Just like the difference between "public opinion" and "the rise of neo-nazi sentiment reflected at the poles" as well as in quasi-journalistic peanut galleries or reality tv, the after-image may reflect that only Wilhelm Reich's fascists are left to do the voting, deprived as they are of love but never sex and gender. Quantification is meaningless outside of any surveilled sample. What is not observed might just as well have been excluded, and this is no argument for universal suffrage unless one over-wishes to extend the suffering. Nazis have always been big fans of democracy, as long as they remain the fittest, and not in any numerical sense, another misconfusion of quantity and quality inheritant in all darwinian analyses, should only flukes survive which more accurately reflects that survival of survivors is in dialectical opposition only to the worms of decomposition.

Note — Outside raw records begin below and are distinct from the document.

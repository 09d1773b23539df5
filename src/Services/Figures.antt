-- ===== src/Services/Figures.antt =====
-- `GroupSummary` of services/summary.go against the snapshot of services/close.go: two computations
-- of the same figures.
use Prim.Native.String.{String}
use expense_splitter.Prelude.{
  length-map, if◌then◌else◌, false, ℕ, ◌≡◌, refl, sym, ap, ◌∙◌, Option, some, List, [], map, length,
  Bool, true, arith,
}
use expense_splitter.Prelude.Int.{ℤ, pos}
use expense_splitter.Prelude.Dict.{Dict}
use expense_splitter.Types.ApiError.{ApiError, ok}
use expense_splitter.Types.Membership.{group_admin, member}
use expense_splitter.Types.Expense.{ExpenseCategory}
use expense_splitter.Settlement.Allocations.{ListExpenseAllocationsRow, allocations_from_rows}
use expense_splitter.Settlement.Fair.{build_fair_shares}
use expense_splitter.Settlement.Plan.{MemberBalance}
use expense_splitter.Store.{MembershipRow, SettlementSnapshot, Db}
use expense_splitter.Store.Action.{Env, World, Reply, row, failed, or_raise}
use expense_splitter.Store.Rows.{where_rows}
use expense_splitter.Store.Hoare.{
  Holds-ok, Triple, Triple-pure, Triple-bind, Triple-given, Triple-map, Triple-in_tx,
  Triple-or_raise, Triple-read_only, Triple-read,
}
use expense_splitter.Store.Groups.{get_group_by_id, lock_group}
use expense_splitter.Store.Memberships.{list_approved_members}
use expense_splitter.Store.Expenses.{
  is_live, sum_paid_by_member, sum_spend_by_category, list_expense_allocations,
}
use expense_splitter.Services.Close.{
  CloseResult, balances, paid_map, total_paid, close_open_group, close_group,
}
use expense_splitter.Services.Summary.{GroupSummary, summary_of, total_of_rows, group_summary}
use expense_splitter.Services.Reads.{principal_by_keycloak_id-Reads, require_group_role-Reads}
use expense_splitter.Services.Frame.{Anywhere, anywhere, unless-Keeps}
use expense_splitter.Store.Settlement.{get_settlement_snapshot}
use expense_splitter.Services.Snapshot.{HasSnapshot, store_plan-HasSnapshot}
use expense_splitter.Services.Totals.{IsMap, totals_by-IsMap, total_of_rows-total_paid}
use expense_splitter.Services.Joined.{as_balance, balances-summary, user_ids}
use expense_splitter.Services.Readings.{Still, run-Reading}

-- What both read, as the database answers it: what each member paid, the categories, and the splits.
abbrev Read :
    Db → ℕ → List (ℕ × ℤ) → List (ExpenseCategory × ℤ) → List ListExpenseAllocationsRow → Type 0
Read db0 id paid cats allocs =
    ((sum_paid_by_member id 0 0 db0).0 ≡ row paid)
    × ((sum_spend_by_category id 0 0 db0).0 ≡ row cats)
    × ((list_expense_allocations id 0 0 db0).0 ≡ row allocs)

-- The figures of a list of members and of what was read.
abbrev AreFigures :
    List MembershipRow → List (ℕ × ℤ) → List ListExpenseAllocationsRow → List MemberBalance → Type 0
AreFigures members paid allocs bs =
    (fair : Dict ℤ) × (build_fair_shares (map (λ m. m.user_id) members)
        (allocations_from_rows allocs)
      ≡ some fair)
    × (bs ≡ balances (paid_map paid []) fair members)

-- The snapshot's figures come from the database as the close found it.
abbrev IsSnapshotOf : Db → ℕ → SettlementSnapshot → Type 0
IsSnapshotOf db0 id s =
    (named : List (MembershipRow × String)) × (paid : List (ℕ × ℤ)) × (allocs : List
      ListExpenseAllocationsRow)
    × ((list_approved_members id 0 0 db0).0 ≡ row named)
    × Read db0 id paid s.spend_per_category allocs
    × AreFigures (map (λ m. m.0) named) paid allocs s.members
    × (s.member_count ≡ length (map (λ m. m.0) named))
    × (s.total_spent ≡ total_paid (paid_map paid []))

module _ (db0 : Db) (id : ℕ) where
  or_raise-Reading :
      {A : Type 0} (e : ApiError) (o : Option A)
      → Triple (Still db0) (or_raise e o) (λ a db. Still db0 db × (o ≡ some a)) Anywhere
  or_raise-Reading e o = Triple-or_raise (anywhere _) e o

  close_open_group-Figures :
      (caller : ℕ)
      → Triple
          (Still db0)
          (close_open_group caller id)
          (λ r db. IsSnapshotOf db0 id r.snapshot × HasSnapshot id r.snapshot db)
          Anywhere
  unfolding close_open_group list_approved_members sum_paid_by_member sum_spend_by_category
      list_expense_allocations
  close_open_group-Figures caller = Triple-bind (run-Reading db0 _ _) λ named.
      Triple-given λ is_named. Triple-bind (run-Reading db0 _ _) λ paid. Triple-given λ is_paid.
        Triple-bind (run-Reading db0 _ _) λ cats. Triple-given λ is_cats.
          Triple-bind (run-Reading db0 _ _) λ allocs. Triple-given λ is_allocs.
            Triple-bind (or_raise-Reading _ _) λ fair. Triple-given λ is_fair.
              Triple-bind (or_raise-Reading _ _) λ plan. Triple-given λ is_plan.
                Triple-bind
                  (Triple-map (λ db h. tt) (λ u db h. h) (store_plan-HasSnapshot id _ caller plan))
                  λ u. Triple-pure _ λ db stored. (
                    (
                      named,
                      paid,
                      allocs,
                      is_named,
                      (is_paid, is_cats, is_allocs),
                      (fair, is_fair, refl),
                      refl,
                      refl,
                    ),
                    stored,
                  )

  close_group-Figures :
      (subject : ℕ)
      → Triple
          (Still db0)
          (close_group subject id)
          (λ r db. IsSnapshotOf db0 id r.snapshot × HasSnapshot id r.snapshot db)
          Anywhere
  unfolding close_group lock_group
  close_group-Figures subject =
      Triple-bind (Triple-read_only (principal_by_keycloak_id-Reads subject _) (anywhere _))
        λ caller.
          Triple-bind
            (Triple-read_only (require_group_role-Reads caller id group_admin) (anywhere _))
            λ u. Triple-in_tx {F = Anywhere} (anywhere _) (
              Triple-bind (Triple-read (anywhere _) (lock_group id) _ λ uuid now db. refl) λ s.
                Triple-bind (unless-Keeps (anywhere _) _ _)
                  λ u. close_open_group-Figures caller.user_id)

-- What a summary is made of.
abbrev pub IsSummaryOf : Db → ℕ → GroupSummary → Type 0
IsSummaryOf db0 id s =
    (named : List (MembershipRow × String)) × (paid : List (ℕ × ℤ)) × (allocs : List
      ListExpenseAllocationsRow)
    × (fair : Dict ℤ) × ((list_approved_members id 0 0 db0).0 ≡ row named)
    × Read db0 id paid s.spend_per_category allocs
    × (build_fair_shares (map (λ m. m.0.user_id) named) (allocations_from_rows allocs) ≡ some fair)
    × (s.members ≡ map (summary_of (paid_map paid []) fair) named)
    × (s.member_count ≡ length named)
    × (s.total_spent ≡ total_of_rows (pos 0) paid)

group_summary-Figures :
    (db0 : Db) (id subject : ℕ)
    → Triple (Still db0) (group_summary subject id) (λ s db. IsSummaryOf db0 id s) Anywhere
unfolding group_summary get_group_by_id list_approved_members sum_paid_by_member
    sum_spend_by_category list_expense_allocations
group_summary-Figures db0 id subject =
    Triple-bind (Triple-read_only (principal_by_keycloak_id-Reads subject _) (anywhere _)) λ caller.
      Triple-bind (Triple-read_only (require_group_role-Reads caller id member) (anywhere _)) λ u.
        Triple-bind (Triple-read (anywhere _) (get_group_by_id id) _ λ uuid now db. refl) λ g.
          Triple-bind (run-Reading db0 _ _) λ named. Triple-given λ is_named.
            Triple-bind (run-Reading db0 _ _) λ paid. Triple-given λ is_paid.
              Triple-bind (run-Reading db0 _ _) λ cats. Triple-given λ is_cats.
                Triple-bind (run-Reading db0 _ _) λ allocs. Triple-given λ is_allocs.
                  Triple-bind (or_raise-Reading db0 id _ _) λ fair. Triple-given λ is_fair.
                    Triple-pure _ λ db h. (
                      named,
                      paid,
                      allocs,
                      fair,
                      is_named,
                      (is_paid, is_cats, is_allocs),
                      is_fair,
                      refl,
                      refl,
                      refl,
                    )

same-row : {A : Type 0} (r : Reply A) (a b : A) → r ≡ row a → r ≡ row b → a ≡ b
same-row r a b h k = cc

same-some : {A : Type 0} (o : Option A) (a b : A) → o ≡ some a → o ≡ some b → a ≡ b
same-some o a b h k = cc

-- The figures that the two have in common.
abbrev pub Agrees : GroupSummary → SettlementSnapshot → Type 0
Agrees s c =
    (map as_balance s.members ≡ c.members)
    × (s.member_count ≡ c.member_count)
    × (s.spend_per_category ≡ c.spend_per_category)
    × (s.total_spent ≡ c.total_spent)

if-row : {A : Type 0} (b : Bool) (x y : A) → (if b then row x else failed) ≡ row y → x ≡ y
if-row true x y h = cc
if-row false x y h = ground arith

paid-IsMap :
    (id : ℕ) (db : Db) (paid : List (ℕ × ℤ))
    → (sum_paid_by_member id 0 0 db).0 ≡ row paid
    → IsMap paid
unfolding sum_paid_by_member
paid-IsMap id db paid h =
    rw⁻¹ (if-row _ _ paid h)
      (totals_by-IsMap (λ e. e.paid_by) (where_rows (is_live id) db.expenses))

summary-Agrees :
    (id : ℕ) (db : Db) (s : GroupSummary) (c : SettlementSnapshot)
    → IsSummaryOf db id s
    → IsSnapshotOf db id c
    → Agrees s c
summary-Agrees id db s c (named, paid, allocs, fair, n, r, f, m, count, total)
      (named', paid', allocs', n', r', (fair', f', m'), count', total') =
    let same_named = same-row _ named named' n n' in
    let same_paid = same-row _ paid paid' r.0 r'.0 in
    let same_allocs = same-row _ allocs allocs' r.2 r'.2 in
    let ids = user_ids named ∙ ap (λ ns. map (λ x. x.user_id) (map (λ x. x.0) ns)) same_named in
    let same_fair : fair ≡ fair' =
      same-some
        (build_fair_shares (map (λ x. x.user_id) (map (λ x. x.0) named'))
          (allocations_from_rows allocs'))
        fair fair' (rw⁻¹ (ids, same_allocs) f) f' in
    (
      ap (λ xs. map as_balance xs) m
          ∙ balances-summary (paid_map paid []) fair named
          ∙ rw (same_named, same_paid, same_fair) refl
          ∙ sym m',
      count
          ∙ sym (length-map (λ x. x.0) named)
          ∙ ap (λ ns. length (map (λ x. x.0) ns)) same_named
          ∙ sym count',
      same-row _ s.spend_per_category c.spend_per_category r.1 r'.1,
      total
          ∙ total_of_rows-total_paid paid (paid-IsMap id db paid r.0)
          ∙ ap (λ p. total_paid (paid_map p [])) same_paid
          ∙ sym total',
    )

-- GroupSummary and CloseGroup, when both succeed on the same database, whoever asks and whatever the
-- environment, give the same figures: for each member what was paid, the fair share and the net, the
-- number of members, the sums of the categories and the total. The snapshot that the close returns is
-- the one that the database holds for the group afterwards.
pub group_summary-Agrees :
    (id subject subject' : ℕ) (env env' : Env) (w w' : World) (s : GroupSummary) (c : CloseResult)
    → w'.db ≡ w.db
    → (group_summary subject id env w).0 ≡ ok s
    → (close_group subject' id env' w').0 ≡ ok c
    → Agrees s c.snapshot
      × ((get_settlement_snapshot id 0 0 (close_group subject' id env' w').1.db).0 ≡ row c.snapshot)
group_summary-Agrees id subject subject' env env' w w' s c same hs hc =
    let closed =
      Holds-ok (λ x db. IsSnapshotOf w.db id x.snapshot × HasSnapshot id x.snapshot db) Anywhere
        (close_group subject' id env' w').0 (close_group subject' id env' w').1 c
        ((close_group-Figures w.db id subject').holds env' w' same) hc in
    (
      summary-Agrees id w.db s c.snapshot
          (Holds-ok (λ x db. IsSummaryOf w.db id x) Anywhere (group_summary subject id env w).0
            (group_summary subject id env w).1 s
            ((group_summary-Figures w.db id subject).holds env w refl) hs)
          closed.0,
      closed.1,
    )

Through the lens of extended environmental conspiracies, we see from a height (a sort of superstition) the worms are us as well (or as well-connected to the ground a' wiggling), and fascist pigs are only "living" inside the telescopic spyglass but have no vision of their own, hence no imagination, hence are most alone without a doppleganger or even shadow and if well-deserved of pity, they couldn't accept that gift as there's nothing in them to be resonated like a guitar string by a flat pick or shovel to the head – perhaps the only creatures in the verse born dead or shortly there-after sung in post-pleistocenic time scales. Only worms and earthly microbes are for giving, which is why when pigs are pumped with formaldehyde and wearing their protection, they keep on coming even after we inter them. No good can come preserving mummies except to fuel steam-powered ships or future loco motives. Such is the problem of historical interpretation: it must proceed backwards, to a point disqualifying as inadmissible the possibility of other others. Mythic discourse is not weighed down by relegated absences of monsters or material effects (like glandular secretions) from ethereal forces (like remorse or anticipation).

Exclusion, that is, disqualification only ensures that language remains one-sided and therefore, in stasis, that is to say, stagnant but without the entendre of living organisms superflurishing in a swamp. We're talking frozen solid like an iceberg or rock. Otherwise the invalid can only limp along with a persuasive crutch. The only discourse is its own, a monologue when even floppy ears are not included. Extracted from their context like a corn-cob from Illinois, even they are not immortal. Like lies, Pharaohs burn hot when subjected to a flame which shares the essences of fire. The transparent substance of a truth is likely leaky, but everyone has seen a liar.

Besides the confusion of criteria with "class" in the construction of categories (most of which, like brackets, are not but artificial or political means for boxing within boxes) there's the same amnesiatic condition antagonistically prevailing. To wit: for human sorts at least not swimming in the sea in schools of parrots, there's no social anything without a bit of languaging. If one can't see its own reflection, could we ever even sense there is another in the world, even as a possibility? What chance then have other words or worlds existing, without coinciting a reality or kindle its untwisting? It may not be the language after all producing cosmic order, but it's arrogant rules of grammar which insist that, despiting eyes and nose and ears and toes, meaning or semantic system is more synonymous with the thing which makes most sense than any tongue or organ.